***** Record excerpts *****

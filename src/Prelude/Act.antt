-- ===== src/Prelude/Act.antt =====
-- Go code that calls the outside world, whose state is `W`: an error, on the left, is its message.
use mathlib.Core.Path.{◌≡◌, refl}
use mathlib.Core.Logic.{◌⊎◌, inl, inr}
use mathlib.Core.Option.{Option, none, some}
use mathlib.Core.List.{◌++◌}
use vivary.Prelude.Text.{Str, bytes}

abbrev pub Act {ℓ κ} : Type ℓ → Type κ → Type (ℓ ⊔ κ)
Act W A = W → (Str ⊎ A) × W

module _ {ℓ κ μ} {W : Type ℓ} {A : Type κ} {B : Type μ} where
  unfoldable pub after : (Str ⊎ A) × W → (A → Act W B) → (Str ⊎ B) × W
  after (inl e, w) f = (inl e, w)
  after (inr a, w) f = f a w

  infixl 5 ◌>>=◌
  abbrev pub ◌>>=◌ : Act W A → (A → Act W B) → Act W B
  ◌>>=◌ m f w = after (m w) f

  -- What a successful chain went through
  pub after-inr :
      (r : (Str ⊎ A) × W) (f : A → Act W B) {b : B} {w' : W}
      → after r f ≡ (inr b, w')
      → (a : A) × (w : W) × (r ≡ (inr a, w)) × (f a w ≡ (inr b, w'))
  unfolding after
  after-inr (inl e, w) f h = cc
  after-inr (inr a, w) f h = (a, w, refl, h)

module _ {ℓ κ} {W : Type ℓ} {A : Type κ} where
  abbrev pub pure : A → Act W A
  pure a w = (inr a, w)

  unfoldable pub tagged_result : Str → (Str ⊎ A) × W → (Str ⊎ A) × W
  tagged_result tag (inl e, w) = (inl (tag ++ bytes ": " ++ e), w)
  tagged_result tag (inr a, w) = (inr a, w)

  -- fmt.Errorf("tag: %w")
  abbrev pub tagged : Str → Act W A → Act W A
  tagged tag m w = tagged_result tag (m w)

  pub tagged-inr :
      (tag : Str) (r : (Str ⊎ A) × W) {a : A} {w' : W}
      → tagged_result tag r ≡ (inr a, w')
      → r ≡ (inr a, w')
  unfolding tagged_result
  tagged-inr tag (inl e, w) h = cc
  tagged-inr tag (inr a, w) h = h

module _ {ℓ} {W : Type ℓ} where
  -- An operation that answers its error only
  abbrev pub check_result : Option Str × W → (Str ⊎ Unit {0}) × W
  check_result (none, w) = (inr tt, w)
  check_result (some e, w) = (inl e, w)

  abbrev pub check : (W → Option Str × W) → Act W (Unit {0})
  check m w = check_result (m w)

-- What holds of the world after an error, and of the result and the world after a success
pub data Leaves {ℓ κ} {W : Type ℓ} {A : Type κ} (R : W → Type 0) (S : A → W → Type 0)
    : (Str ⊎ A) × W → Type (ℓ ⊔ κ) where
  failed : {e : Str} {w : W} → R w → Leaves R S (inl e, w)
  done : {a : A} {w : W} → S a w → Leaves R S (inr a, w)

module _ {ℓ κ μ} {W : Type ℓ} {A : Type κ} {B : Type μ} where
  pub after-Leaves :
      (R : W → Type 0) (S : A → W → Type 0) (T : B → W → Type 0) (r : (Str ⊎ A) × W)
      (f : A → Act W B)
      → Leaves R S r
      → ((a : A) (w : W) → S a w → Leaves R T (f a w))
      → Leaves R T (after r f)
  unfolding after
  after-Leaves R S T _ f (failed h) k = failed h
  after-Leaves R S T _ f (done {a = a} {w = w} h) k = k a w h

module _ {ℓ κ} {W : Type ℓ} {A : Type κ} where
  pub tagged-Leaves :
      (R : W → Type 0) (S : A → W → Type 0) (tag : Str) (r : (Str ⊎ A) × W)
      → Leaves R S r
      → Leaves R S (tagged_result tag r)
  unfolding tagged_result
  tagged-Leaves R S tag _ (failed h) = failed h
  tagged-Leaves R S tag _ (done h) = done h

*****

Only the lines from the beginning of the data above through the line containing "-- What a successful chain went through" should be repeated, exactly as they appear.

[Exercise answer]:
filename src/Prelude/Act.antt
-- ===== src/Prelude/Act.antt =====
-- Go code that calls the outside world, whose state is `W`: an error, on the left, is its message.
use mathlib.Core.Path.{◌≡◌, refl}
use mathlib.Core.Logic.{◌⊎◌, inl, inr}
use mathlib.Core.Option.{Option, none, some}
use mathlib.Core.List.{◌++◌}
use vivary.Prelude.Text.{Str, bytes}

abbrev pub Act {ℓ κ} : Type ℓ → Type κ → Type (ℓ ⊔ κ)
Act W A = W → (Str ⊎ A) × W

module _ {ℓ κ μ} {W : Type ℓ} {A : Type κ} {B : Type μ} where
  unfoldable pub after : (Str ⊎ A) × W → (A → Act W B) → (Str ⊎ B) × W
  after (inl e, w) f = (inl e, w)
  after (inr a, w) f = f a w

  infixl 5 ◌>>=◌
  abbrev pub ◌>>=◌ : Act W A → (A → Act W B) → Act W B
  ◌>>=◌ m f w = after (m w) f

  -- What a successful chain went through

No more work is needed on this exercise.